▶ WORK TO BE COMPLETED: Across the entries below, how many lines include "reads"? Give the number and nothing else.

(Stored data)
== Segment start ==

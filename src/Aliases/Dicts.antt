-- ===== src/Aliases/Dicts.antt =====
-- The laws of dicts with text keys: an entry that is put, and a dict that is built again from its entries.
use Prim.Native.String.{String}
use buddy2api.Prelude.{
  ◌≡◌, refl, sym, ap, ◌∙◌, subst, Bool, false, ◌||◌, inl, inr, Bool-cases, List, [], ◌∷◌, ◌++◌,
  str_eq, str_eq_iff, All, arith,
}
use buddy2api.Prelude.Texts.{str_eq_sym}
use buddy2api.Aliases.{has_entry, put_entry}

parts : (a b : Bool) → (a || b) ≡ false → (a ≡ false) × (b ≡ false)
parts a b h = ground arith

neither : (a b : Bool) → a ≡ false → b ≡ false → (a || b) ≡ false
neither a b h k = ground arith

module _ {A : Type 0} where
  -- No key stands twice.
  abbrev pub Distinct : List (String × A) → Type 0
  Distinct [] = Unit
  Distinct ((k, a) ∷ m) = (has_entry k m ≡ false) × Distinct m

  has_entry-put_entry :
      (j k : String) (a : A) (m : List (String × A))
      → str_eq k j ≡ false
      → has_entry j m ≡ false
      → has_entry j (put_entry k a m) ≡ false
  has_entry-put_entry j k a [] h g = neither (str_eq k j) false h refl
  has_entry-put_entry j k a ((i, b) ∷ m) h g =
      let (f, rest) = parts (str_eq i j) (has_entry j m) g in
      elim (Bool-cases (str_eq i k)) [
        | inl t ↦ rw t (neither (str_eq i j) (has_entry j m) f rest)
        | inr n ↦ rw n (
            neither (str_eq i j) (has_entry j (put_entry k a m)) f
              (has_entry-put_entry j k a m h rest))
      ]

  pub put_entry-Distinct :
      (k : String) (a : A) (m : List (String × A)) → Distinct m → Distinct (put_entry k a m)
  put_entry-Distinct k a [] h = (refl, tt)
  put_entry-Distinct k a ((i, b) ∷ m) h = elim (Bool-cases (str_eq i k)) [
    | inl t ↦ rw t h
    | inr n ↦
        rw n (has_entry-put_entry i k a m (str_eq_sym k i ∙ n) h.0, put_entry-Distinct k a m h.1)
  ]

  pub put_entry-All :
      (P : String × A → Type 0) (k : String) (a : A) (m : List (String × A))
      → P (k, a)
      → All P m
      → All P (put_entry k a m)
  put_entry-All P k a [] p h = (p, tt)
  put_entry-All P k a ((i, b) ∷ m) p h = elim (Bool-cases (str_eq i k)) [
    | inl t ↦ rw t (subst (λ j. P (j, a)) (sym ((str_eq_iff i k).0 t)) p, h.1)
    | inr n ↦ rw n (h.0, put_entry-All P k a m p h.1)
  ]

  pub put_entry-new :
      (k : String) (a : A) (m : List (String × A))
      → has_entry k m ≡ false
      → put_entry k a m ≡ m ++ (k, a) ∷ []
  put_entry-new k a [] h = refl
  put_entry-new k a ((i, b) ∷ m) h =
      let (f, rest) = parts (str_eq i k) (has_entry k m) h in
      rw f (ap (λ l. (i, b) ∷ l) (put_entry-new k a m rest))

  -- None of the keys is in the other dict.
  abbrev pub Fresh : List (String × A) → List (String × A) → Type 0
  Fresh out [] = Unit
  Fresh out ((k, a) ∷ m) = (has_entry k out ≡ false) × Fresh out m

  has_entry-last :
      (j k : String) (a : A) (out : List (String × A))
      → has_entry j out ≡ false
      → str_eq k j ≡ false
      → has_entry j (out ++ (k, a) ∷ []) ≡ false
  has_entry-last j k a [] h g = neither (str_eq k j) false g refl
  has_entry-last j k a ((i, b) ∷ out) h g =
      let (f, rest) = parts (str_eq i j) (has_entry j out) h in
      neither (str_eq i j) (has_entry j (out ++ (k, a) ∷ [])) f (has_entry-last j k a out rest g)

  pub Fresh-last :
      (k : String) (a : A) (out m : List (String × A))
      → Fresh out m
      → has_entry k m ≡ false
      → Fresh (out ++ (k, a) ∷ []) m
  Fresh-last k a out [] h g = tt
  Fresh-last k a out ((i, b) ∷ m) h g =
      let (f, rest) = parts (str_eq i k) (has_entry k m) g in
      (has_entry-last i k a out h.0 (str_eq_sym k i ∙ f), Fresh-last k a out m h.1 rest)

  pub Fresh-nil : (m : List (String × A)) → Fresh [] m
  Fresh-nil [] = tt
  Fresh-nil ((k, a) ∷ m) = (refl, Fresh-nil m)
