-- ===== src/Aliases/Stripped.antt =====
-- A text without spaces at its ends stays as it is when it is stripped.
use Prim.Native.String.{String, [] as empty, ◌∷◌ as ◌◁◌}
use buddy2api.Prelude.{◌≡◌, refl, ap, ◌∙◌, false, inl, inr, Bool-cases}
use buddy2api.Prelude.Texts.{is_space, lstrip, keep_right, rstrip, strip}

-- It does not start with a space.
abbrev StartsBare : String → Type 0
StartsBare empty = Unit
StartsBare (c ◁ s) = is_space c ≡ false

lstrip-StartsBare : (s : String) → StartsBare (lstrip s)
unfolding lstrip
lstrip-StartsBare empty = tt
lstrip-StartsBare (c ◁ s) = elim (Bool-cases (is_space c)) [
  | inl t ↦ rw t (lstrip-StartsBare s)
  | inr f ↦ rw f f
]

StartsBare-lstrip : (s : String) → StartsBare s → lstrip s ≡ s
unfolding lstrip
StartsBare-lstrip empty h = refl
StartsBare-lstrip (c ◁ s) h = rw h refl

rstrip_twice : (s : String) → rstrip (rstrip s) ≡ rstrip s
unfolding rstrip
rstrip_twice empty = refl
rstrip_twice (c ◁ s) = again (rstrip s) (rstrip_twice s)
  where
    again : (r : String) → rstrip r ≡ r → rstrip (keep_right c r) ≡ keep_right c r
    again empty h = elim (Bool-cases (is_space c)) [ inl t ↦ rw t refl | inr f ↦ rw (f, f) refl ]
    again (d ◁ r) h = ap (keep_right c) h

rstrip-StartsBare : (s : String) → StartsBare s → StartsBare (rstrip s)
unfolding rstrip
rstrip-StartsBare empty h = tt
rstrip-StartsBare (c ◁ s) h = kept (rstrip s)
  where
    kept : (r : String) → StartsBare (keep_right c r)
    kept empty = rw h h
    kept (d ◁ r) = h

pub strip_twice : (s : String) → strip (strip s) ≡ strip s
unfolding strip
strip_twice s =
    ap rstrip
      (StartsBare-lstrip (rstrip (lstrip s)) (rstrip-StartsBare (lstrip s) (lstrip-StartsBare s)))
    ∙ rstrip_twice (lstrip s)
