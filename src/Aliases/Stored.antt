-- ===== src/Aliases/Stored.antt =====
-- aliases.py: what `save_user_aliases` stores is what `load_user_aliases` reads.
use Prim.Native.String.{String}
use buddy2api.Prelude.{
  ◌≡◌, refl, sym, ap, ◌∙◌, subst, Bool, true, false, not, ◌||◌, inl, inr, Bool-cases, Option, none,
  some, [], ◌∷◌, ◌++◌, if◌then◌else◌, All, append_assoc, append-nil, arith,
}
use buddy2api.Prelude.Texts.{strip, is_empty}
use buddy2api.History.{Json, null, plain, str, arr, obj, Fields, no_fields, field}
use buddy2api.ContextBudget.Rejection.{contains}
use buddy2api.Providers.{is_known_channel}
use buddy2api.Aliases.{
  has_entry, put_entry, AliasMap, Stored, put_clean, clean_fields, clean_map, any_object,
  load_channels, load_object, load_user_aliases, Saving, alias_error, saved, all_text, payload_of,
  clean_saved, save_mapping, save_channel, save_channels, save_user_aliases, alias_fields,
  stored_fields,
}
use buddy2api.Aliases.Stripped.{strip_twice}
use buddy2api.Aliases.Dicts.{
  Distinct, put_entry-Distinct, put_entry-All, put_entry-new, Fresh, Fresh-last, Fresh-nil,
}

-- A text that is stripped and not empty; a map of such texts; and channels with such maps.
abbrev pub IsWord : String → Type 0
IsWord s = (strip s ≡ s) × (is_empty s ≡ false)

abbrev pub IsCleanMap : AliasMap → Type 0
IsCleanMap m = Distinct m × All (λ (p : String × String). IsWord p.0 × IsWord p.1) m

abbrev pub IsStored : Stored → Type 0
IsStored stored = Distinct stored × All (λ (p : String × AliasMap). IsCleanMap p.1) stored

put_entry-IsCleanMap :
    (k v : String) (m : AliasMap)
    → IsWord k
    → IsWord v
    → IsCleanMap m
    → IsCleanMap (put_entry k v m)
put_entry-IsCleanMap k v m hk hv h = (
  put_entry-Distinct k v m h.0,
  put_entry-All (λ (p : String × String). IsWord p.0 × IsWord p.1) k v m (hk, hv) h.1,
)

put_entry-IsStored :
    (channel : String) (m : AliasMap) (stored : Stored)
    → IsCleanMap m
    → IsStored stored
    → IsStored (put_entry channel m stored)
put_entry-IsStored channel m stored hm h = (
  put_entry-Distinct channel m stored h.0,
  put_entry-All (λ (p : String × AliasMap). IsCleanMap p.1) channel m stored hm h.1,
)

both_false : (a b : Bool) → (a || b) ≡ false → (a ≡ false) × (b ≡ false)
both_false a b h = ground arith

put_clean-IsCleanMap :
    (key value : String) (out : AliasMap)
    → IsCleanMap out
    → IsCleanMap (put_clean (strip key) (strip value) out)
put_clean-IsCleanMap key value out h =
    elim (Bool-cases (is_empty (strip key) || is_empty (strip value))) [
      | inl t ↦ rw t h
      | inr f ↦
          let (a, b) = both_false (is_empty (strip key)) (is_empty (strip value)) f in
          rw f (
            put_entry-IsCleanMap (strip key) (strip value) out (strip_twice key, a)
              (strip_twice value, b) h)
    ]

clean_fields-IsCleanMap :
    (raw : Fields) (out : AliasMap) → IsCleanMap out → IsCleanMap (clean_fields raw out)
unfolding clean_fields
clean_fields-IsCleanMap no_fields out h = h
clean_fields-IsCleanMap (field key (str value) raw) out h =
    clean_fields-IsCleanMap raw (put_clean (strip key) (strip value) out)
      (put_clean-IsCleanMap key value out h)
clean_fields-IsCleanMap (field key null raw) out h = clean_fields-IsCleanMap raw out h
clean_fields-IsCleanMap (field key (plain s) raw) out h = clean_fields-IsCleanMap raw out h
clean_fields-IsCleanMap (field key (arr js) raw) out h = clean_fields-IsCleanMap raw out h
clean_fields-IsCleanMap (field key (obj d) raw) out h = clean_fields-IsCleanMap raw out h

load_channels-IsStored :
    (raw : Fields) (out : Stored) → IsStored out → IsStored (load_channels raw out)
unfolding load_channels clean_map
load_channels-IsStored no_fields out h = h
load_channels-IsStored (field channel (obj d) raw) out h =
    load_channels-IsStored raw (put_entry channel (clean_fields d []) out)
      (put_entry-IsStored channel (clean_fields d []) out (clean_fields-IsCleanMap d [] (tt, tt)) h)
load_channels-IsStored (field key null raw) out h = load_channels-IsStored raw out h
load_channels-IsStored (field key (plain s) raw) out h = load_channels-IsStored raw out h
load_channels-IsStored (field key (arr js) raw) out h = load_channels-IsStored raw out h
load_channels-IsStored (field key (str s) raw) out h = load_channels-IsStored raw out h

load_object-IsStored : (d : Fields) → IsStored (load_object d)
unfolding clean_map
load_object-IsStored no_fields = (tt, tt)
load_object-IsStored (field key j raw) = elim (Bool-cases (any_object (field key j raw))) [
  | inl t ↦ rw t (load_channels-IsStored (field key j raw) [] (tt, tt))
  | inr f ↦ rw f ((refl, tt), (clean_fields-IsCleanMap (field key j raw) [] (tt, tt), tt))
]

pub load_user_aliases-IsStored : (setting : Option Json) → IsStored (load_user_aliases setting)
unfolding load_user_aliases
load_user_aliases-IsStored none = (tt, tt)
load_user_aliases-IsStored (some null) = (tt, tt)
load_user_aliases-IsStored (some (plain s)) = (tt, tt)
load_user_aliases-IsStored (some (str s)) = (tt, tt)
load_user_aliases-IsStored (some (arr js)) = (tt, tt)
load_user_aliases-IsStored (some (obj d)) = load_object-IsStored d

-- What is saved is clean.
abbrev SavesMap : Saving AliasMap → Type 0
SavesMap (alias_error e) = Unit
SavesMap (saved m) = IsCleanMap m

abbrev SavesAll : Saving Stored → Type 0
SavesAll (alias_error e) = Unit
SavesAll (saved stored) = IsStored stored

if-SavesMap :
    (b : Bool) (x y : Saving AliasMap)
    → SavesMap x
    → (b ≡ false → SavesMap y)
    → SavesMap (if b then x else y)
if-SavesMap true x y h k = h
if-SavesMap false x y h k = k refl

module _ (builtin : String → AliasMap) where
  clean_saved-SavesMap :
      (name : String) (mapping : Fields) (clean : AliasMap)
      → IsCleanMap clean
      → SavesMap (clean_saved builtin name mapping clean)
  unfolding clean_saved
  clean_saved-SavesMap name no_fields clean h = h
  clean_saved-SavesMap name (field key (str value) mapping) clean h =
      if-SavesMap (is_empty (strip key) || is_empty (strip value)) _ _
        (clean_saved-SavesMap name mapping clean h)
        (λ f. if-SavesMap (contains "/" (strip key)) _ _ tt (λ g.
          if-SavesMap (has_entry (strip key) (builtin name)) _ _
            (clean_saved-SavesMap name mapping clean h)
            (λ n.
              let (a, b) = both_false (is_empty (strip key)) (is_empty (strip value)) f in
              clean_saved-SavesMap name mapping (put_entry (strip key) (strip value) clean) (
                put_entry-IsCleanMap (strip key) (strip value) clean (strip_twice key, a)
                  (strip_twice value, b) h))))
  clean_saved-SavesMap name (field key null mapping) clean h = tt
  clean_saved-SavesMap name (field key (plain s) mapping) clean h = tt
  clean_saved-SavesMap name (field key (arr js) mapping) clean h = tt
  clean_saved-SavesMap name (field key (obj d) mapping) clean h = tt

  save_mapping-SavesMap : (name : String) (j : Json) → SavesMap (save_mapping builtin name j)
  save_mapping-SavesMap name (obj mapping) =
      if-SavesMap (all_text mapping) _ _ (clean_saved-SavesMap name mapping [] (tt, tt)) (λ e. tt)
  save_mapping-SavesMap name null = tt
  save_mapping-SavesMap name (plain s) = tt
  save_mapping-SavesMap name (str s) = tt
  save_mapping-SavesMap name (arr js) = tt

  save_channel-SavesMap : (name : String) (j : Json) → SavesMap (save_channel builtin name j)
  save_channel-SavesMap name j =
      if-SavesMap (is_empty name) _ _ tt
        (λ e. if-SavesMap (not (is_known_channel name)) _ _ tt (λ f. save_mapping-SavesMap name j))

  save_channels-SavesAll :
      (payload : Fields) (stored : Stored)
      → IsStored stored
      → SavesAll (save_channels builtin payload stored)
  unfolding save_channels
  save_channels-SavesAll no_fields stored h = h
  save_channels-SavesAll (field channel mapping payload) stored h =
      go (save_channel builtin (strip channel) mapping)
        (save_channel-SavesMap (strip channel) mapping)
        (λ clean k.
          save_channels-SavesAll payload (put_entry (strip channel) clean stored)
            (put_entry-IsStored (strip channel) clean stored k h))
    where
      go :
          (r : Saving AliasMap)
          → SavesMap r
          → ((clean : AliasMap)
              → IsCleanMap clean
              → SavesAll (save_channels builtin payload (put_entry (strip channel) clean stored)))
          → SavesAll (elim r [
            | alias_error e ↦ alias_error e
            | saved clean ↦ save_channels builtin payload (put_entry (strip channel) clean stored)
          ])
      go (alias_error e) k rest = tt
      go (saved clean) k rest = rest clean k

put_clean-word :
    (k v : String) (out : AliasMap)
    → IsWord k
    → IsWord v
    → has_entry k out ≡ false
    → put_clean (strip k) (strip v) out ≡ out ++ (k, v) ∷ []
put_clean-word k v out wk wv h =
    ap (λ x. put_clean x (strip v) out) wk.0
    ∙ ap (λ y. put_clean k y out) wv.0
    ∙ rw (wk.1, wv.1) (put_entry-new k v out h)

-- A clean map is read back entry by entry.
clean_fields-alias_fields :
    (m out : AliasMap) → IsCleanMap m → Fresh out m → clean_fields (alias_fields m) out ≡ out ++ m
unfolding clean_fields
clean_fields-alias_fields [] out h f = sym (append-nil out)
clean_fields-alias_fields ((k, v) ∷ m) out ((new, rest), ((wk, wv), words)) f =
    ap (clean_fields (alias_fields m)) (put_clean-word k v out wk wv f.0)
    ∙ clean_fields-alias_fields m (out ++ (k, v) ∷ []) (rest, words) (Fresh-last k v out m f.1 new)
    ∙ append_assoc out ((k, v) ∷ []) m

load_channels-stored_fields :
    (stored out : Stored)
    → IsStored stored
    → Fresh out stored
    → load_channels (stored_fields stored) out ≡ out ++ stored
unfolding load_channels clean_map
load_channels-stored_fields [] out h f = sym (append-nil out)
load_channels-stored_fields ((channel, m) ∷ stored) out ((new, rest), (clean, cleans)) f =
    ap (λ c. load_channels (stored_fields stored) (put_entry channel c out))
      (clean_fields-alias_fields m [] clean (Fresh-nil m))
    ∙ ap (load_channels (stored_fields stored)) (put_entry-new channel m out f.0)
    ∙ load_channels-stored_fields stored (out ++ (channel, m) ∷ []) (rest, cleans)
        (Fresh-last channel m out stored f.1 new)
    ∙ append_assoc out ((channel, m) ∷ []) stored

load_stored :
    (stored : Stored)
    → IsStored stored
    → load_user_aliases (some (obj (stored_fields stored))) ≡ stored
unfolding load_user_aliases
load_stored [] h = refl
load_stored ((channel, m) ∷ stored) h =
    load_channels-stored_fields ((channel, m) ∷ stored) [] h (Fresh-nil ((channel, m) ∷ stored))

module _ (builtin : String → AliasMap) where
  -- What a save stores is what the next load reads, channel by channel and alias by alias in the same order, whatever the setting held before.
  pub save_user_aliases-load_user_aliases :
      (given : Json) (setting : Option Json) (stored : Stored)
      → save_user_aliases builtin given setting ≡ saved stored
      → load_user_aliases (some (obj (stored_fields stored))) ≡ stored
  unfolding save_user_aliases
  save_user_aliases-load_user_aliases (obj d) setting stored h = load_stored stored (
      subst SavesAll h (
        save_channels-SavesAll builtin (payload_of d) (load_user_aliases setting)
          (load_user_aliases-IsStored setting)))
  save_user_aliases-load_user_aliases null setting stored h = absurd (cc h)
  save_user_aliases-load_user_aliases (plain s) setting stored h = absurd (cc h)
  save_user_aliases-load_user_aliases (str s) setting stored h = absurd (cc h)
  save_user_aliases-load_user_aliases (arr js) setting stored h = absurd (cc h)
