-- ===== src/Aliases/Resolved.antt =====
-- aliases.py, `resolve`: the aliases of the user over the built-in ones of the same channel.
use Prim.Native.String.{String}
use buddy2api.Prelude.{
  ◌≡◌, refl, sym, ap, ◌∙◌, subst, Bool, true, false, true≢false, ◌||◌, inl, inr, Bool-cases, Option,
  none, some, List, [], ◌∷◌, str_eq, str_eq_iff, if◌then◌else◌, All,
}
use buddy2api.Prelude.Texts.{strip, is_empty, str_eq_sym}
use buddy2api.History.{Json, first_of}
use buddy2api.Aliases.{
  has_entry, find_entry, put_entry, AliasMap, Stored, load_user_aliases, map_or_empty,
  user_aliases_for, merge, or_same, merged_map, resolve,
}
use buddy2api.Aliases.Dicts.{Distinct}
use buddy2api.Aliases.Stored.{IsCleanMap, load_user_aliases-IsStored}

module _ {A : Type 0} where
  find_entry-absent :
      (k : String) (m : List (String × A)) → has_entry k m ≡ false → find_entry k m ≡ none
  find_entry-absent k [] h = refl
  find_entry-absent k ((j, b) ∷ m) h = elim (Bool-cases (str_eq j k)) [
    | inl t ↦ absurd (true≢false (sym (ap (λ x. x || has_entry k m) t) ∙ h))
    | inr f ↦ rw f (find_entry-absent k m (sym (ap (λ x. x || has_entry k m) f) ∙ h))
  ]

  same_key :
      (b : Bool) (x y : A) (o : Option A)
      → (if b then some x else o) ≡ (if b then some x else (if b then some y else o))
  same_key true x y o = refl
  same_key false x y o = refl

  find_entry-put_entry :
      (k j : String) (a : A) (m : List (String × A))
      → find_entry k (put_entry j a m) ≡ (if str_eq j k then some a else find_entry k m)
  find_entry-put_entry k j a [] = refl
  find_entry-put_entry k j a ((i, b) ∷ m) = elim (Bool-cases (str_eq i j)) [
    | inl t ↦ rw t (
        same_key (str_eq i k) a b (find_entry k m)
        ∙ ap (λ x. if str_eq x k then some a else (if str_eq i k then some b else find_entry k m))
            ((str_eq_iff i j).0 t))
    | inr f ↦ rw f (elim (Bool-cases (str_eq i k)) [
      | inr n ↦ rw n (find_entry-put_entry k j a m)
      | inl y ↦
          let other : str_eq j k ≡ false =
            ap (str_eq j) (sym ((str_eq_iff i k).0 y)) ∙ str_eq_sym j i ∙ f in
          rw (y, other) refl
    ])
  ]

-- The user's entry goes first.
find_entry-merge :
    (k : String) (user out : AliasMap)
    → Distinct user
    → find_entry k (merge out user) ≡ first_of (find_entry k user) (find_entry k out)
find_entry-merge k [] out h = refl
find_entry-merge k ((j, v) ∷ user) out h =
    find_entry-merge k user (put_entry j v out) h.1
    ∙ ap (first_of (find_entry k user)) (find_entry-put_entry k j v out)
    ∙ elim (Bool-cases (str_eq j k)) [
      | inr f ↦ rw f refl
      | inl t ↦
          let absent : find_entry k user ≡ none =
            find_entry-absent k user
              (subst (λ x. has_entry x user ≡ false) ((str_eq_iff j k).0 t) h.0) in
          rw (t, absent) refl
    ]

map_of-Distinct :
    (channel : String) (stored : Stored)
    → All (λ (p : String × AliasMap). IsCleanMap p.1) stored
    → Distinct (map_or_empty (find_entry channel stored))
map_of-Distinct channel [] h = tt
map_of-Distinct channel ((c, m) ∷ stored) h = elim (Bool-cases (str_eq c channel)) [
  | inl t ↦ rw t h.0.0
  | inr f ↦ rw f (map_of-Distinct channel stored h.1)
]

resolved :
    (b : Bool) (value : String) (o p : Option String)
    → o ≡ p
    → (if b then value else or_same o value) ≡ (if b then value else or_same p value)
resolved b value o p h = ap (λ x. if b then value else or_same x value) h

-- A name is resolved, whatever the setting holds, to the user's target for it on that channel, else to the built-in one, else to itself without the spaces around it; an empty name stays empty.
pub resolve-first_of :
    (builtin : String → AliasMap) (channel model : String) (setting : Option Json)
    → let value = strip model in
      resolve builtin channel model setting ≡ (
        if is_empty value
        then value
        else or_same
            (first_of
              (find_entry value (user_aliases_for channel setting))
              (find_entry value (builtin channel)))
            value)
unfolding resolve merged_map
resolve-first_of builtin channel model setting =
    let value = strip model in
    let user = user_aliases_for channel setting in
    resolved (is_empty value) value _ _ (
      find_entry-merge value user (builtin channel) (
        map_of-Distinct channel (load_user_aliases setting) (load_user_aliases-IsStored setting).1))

== Segment end ==

▶ ANSWER: 2